Saved data entries
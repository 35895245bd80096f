-- ===== src/Mm/Vma/RangeProofs.antt =====
-- The loop of `check_range`, area by area.
use old_boruixkernel.Common.{
  ℕ, zero, suc, ◌≤◌, ◌<◌, ◌≡◌, ◌↔◌, refl, sym, ap, ◌∙◌, subst, Bool, true, false, Option, none,
  some, List, [], ◌∷◌, ◌++◌, arith, All, All-imp, All-append, ltb, Bool-cases, inl, inr, lt→ltb,
  ge→ltb, length, append_assoc, append-nil, ltb→lt, ltb→ge, min,
}
use old_boruixkernel.Mm.Vma.Area.{MemoryArea, contains_yes}
use old_boruixkernel.Mm.Vma.{Tree, areas}
use old_boruixkernel.Mm.Vma.Shape.{IsSound}
use old_boruixkernel.Mm.Vma.Order.{
  Chain, Chain-cut, Within, Chain-Within, NextOf, no_next, next, find_next-NextOf,
}
use old_boruixkernel.Mm.Vma.Containing.{scan, scan_past, scan_later}
use old_boruixkernel.Mm.Vma.Contents.{cut_unique}
use old_boruixkernel.Mm.Vma.Lookup.{find_next, find_next_from}
use old_boruixkernel.Mm.Vma.Overlap.{flags_at, scan_hit}
use old_boruixkernel.Mm.Vma.Range.{check_loop}

abbrev pub allowed : (ℕ → Bool) → Option ℕ → Bool
allowed permits none = false
allowed permits (some flags) = permits flags

-- Every address from `cur` up to `end` is mapped, with flags that are permitted.
abbrev pub Mapped : (ℕ → Bool) → List MemoryArea → ℕ → ℕ → Type 0
Mapped permits xs cur end =
    (addr : ℕ) → cur ≤ addr → addr < end → allowed permits (flags_at addr xs) ≡ true

abbrev pub first : List MemoryArea → Option MemoryArea
first [] = none
first (a ∷ xs) = some a

-- Where the areas are cut at the key, `find_next` is the first of the later ones.
pub find_next_cut :
    (t : Tree) (key hi : ℕ) (ls rs : List MemoryArea)
    → IsSound t
    → Chain 0 hi (areas t)
    → areas t ≡ ls ++ rs
    → All (λ b. b.start < key) ls
    → All (λ b. key ≤ b.start) rs
    → find_next t key ≡ first rs
unfolding find_next
find_next_cut t key hi ls rs s c e h g =
    go (find_next_from t key none) (find_next-NextOf t key 0 hi none s c)
  where
    go : (found : Option MemoryArea) → NextOf key none (areas t) found → found ≡ first rs
    go found (no_next f all) =
        let cut =
          (cut_unique key ls rs (ls ++ rs) [] (sym (append-nil (ls ++ rs))) h g
            (subst (All (λ b. b.start < key)) e all) tt).1 in
        f ∙ sym (ap first cut)
    go found (next ms p ps e' f le all) =
        let (cm, cp, cps) = Chain-cut 0 hi ms p ps (subst (Chain 0 hi) e' c) in
        let tail =
          All-imp (Within p.end hi) (λ b. key ≤ b.start) (λ b k. omega arith) ps
            (Chain-Within p.end hi ps cps) in
        let cut = (cut_unique key ls rs ms (p ∷ ps) (sym e ∙ e') h g all (le, tail)).1 in
        f ∙ sym (ap first cut)

-- What the loop has before it: the areas that end before `cur` are behind.
abbrev pub Ahead : ℕ → List MemoryArea → Type 0
Ahead cur [] = Unit {0}
Ahead cur (b ∷ rs) = cur < b.end

Ahead-Chain : (cur hi : ℕ) (rs : List MemoryArea) → Chain cur hi rs → Ahead cur rs
Ahead-Chain cur hi [] c = tt
Ahead-Chain cur hi (b ∷ rs) c = omega arith

abbrev pub Answers : (ℕ → Bool) → List MemoryArea → ℕ → ℕ → Option Bool → Type 0
Answers permits xs cur end r = (b : Bool) × (r ≡ some b) × ((b ≡ true) ↔ Mapped permits xs cur end)

module _ (permits : ℕ → Bool) (t : Tree) (hi : ℕ) (s : IsSound t) (c : Chain 0 hi (areas t)) where
  refuse :
      (cur end : ℕ)
      → cur < end
      → allowed permits (flags_at cur (areas t)) ≡ false
      → Answers permits (areas t) cur end (some false)
  refuse cur end h no_way = (false, refl, (λ e. cc, λ all. sym no_way ∙ all cur (omega arith) h))

  -- The steps of the loop at an area.
  module _ (fuel cur end : ℕ) (b : MemoryArea) (h : cur < end) where
    step_gap : cur < b.start → check_loop (suc fuel) permits t cur end (some b) ≡ some false
    unfolding check_loop
    step_gap g = ground arith

    step_refuse :
        permits b.flags ≡ false → check_loop (suc fuel) permits t cur end (some b) ≡ some false
    unfolding check_loop
    step_refuse g = ground arith

    step_last :
        b.start ≤ cur
        → permits b.flags ≡ true
        → end ≤ b.end
        → check_loop (suc (suc fuel)) permits t cur end (some b) ≡ some true
    unfolding check_loop
    step_last g p e = let m : min end b.end ≡ end = omega arith in rw (m, check_loop) (ground arith)

    step_on :
        b.start ≤ cur
        → permits b.flags ≡ true
        → b.end < end
        → check_loop (suc fuel) permits t cur end (some b)
          ≡ check_loop fuel permits t b.end end (find_next t b.end)
    unfolding check_loop
    step_on g p e =
        let m : min end b.end ≡ b.end = omega arith in
        rw (m, lt→ltb cur end h, ge→ltb cur b.start g, p, lt→ltb b.end end e) refl

  module _ (ls : List MemoryArea) (b : MemoryArea) (rs : List MemoryArea)
      (e : areas t ≡ ls ++ (b ∷ rs)) (cur : ℕ) (past : All (λ a. a.end ≤ cur) ls) where
    scan_inside :
        (addr : ℕ)
        → cur ≤ addr
        → b.start ≤ addr
        → addr < b.end
        → flags_at addr (areas t) ≡ some b.flags
    unfolding flags_at
    scan_inside addr h g k =
        let before = All-imp (λ a. a.end ≤ cur) (λ a. a.end ≤ addr) (λ a w. omega arith) ls past in
        rw (e, scan_hit addr ls b rs before (contains_yes b addr g k)) refl

    scan_gap : cur < b.start → b.start < b.end → Chain b.end hi rs → flags_at cur (areas t) ≡ none
    unfolding flags_at
    scan_gap h cb cr = rw (e, scan_past cur ls (b ∷ rs) past, scan_later cur hi b rs h cb cr) refl

  scan_end :
      (cur : ℕ) (ls : List MemoryArea)
      → areas t ≡ ls ++ []
      → All (λ a. a.end ≤ cur) ls
      → flags_at cur (areas t) ≡ none
  unfolding flags_at scan
  scan_end cur ls e past = rw (e, scan_past cur ls [] past) refl

  module _ (cur end : ℕ) (b : MemoryArea)
      (inside : (addr : ℕ)
        → cur ≤ addr
        → b.start ≤ addr
        → addr < b.end
        → flags_at addr (areas t) ≡ some b.flags)
      (g : b.start ≤ cur) (ahead : cur < b.end) where
    answer_here :
        permits b.flags ≡ true
        → (addr : ℕ) → cur ≤ addr
        → addr < b.end
        → allowed permits (flags_at addr (areas t)) ≡ true
    answer_here way addr u w = rw (inside addr u (omega arith) w) way

    answer_last :
        end ≤ b.end → permits b.flags ≡ true → true ≡ true → Mapped permits (areas t) cur end
    answer_last l way q addr u w = answer_here way addr u (omega arith)

    answer_on :
        permits b.flags ≡ true
        → (r : Option Bool) → Answers permits (areas t) b.end end r
        → Answers permits (areas t) cur end r
    answer_on way r (x, q, both) = (x, q, (onto, onfrom))
      where
        onto : x ≡ true → Mapped permits (areas t) cur end
        onto y addr u w = elim (Bool-cases (ltb addr b.end)) [
          | inl k ↦ answer_here way addr u (ltb→lt addr b.end k)
          | inr k ↦ both.0 y addr (ltb→ge addr b.end k) w
        ]

        onfrom : Mapped permits (areas t) cur end → x ≡ true
        onfrom all = both.1 (λ addr u w. all addr (omega arith) w)

  pub loop_Answers :
      (fuel cur end : ℕ) (ls rs : List MemoryArea)
      → cur < end
      → areas t ≡ ls ++ rs
      → All (λ b. b.end ≤ cur) ls
      → Ahead cur rs
      → suc (length rs) < fuel
      → Answers permits (areas t) cur end (check_loop fuel permits t cur end (first rs))
  loop_Answers zero cur end ls rs h e past ahead f = absurd (omega arith)
  loop_Answers (suc fuel) cur end ls [] h e past ahead f =
      unfold check_loop in
      rw (lt→ltb cur end h) (refuse cur end h (rw (scan_end cur ls e past) refl))
  loop_Answers (suc zero) cur end ls (b ∷ rs) h e past ahead f = absurd (omega arith)
  loop_Answers (suc (suc fuel)) cur end ls (b ∷ rs) h e past ahead f =
      let (cl, cb, cr) = Chain-cut 0 hi ls b rs (subst (Chain 0 hi) e c) in
      let inside = scan_inside ls b rs e cur past in
      elim (Bool-cases (ltb cur b.start)) [
        | inl gap ↦
            let k = ltb→lt cur b.start gap in
            rw (step_gap (suc fuel) cur end b h k)
              (refuse cur end h (rw (scan_gap ls b rs e cur past k cb cr) refl))
        | inr at ↦
            let g = ltb→ge cur b.start at in
            elim (Bool-cases (permits b.flags)) [
              | inr no_way ↦
                  rw (step_refuse (suc fuel) cur end b h no_way)
                    (refuse cur end h (rw (inside cur (omega arith) g ahead) no_way))
              | inl way ↦ elim (Bool-cases (ltb b.end end)) [
                | inr last ↦
                    let l = ltb→ge b.end end last in
                    rw (step_last fuel cur end b h g way l)
                      (true, refl, (answer_last cur end b inside g ahead l way, λ all. refl))
                | inl more ↦
                    let m = ltb→lt b.end end more in
                    let past' =
                      All-append (λ a. a.end ≤ b.end) ls (b ∷ [])
                        (All-imp (λ a. a.end ≤ cur) (λ a. a.end ≤ b.end) (λ a w. omega arith) ls
                          past)
                        (omega arith, tt) in
                    let starts =
                      All-append (λ a. a.start < b.end) ls (b ∷ [])
                        (All-imp (Within 0 b.start) (λ a. a.start < b.end) (λ a w. omega arith) ls
                          (Chain-Within 0 b.start ls cl))
                        (cb, tt) in
                    let later =
                      All-imp (Within b.end hi) (λ a. b.end ≤ a.start) (λ a w. w.0) rs
                        (Chain-Within b.end hi rs cr) in
                    let e' = e ∙ sym (append_assoc ls (b ∷ []) rs) in
                    let looked = find_next_cut t b.end hi (ls ++ (b ∷ [])) rs s c e' starts later in
                    let rest =
                      loop_Answers (suc fuel) b.end end (ls ++ (b ∷ [])) rs m e' past'
                        (Ahead-Chain b.end hi rs cr) (omega arith) in
                    rw (step_on (suc fuel) cur end b h g way m, looked)
                      (answer_on cur end b inside g ahead way _ rest)
              ]
            ]
      ]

→ Description of the task
The required output is the line holding "All-append (λ a. a.end" plus every line after it in the data, reproduced exactly.

→ Reply to the task
                      All-append (λ a. a.end ≤ b.end) ls (b ∷ [])
                        (All-imp (λ a. a.end ≤ cur) (λ a. a.end ≤ b.end) (λ a w. omega arith) ls
                          past)
                        (omega arith, tt) in
                    let starts =
                      All-append (λ a. a.start < b.end) ls (b ∷ [])
                        (All-imp (Within 0 b.start) (λ a. a.start < b.end) (λ a w. omega arith) ls
                          (Chain-Within 0 b.start ls cl))
                        (cb, tt) in
                    let later =
                      All-imp (Within b.end hi) (λ a. b.end ≤ a.start) (λ a w. w.0) rs
                        (Chain-Within b.end hi rs cr) in
                    let e' = e ∙ sym (append_assoc ls (b ∷ []) rs) in
                    let looked = find_next_cut t b.end hi (ls ++ (b ∷ [])) rs s c e' starts later in
                    let rest =
                      loop_Answers (suc fuel) b.end end (ls ++ (b ∷ [])) rs m e' past'
                        (Ahead-Chain b.end hi rs cr) (omega arith) in
                    rw (step_on (suc fuel) cur end b h g way m, looked)
                      (answer_on cur end b inside g ahead way _ rest)
              ]
            ]
      ]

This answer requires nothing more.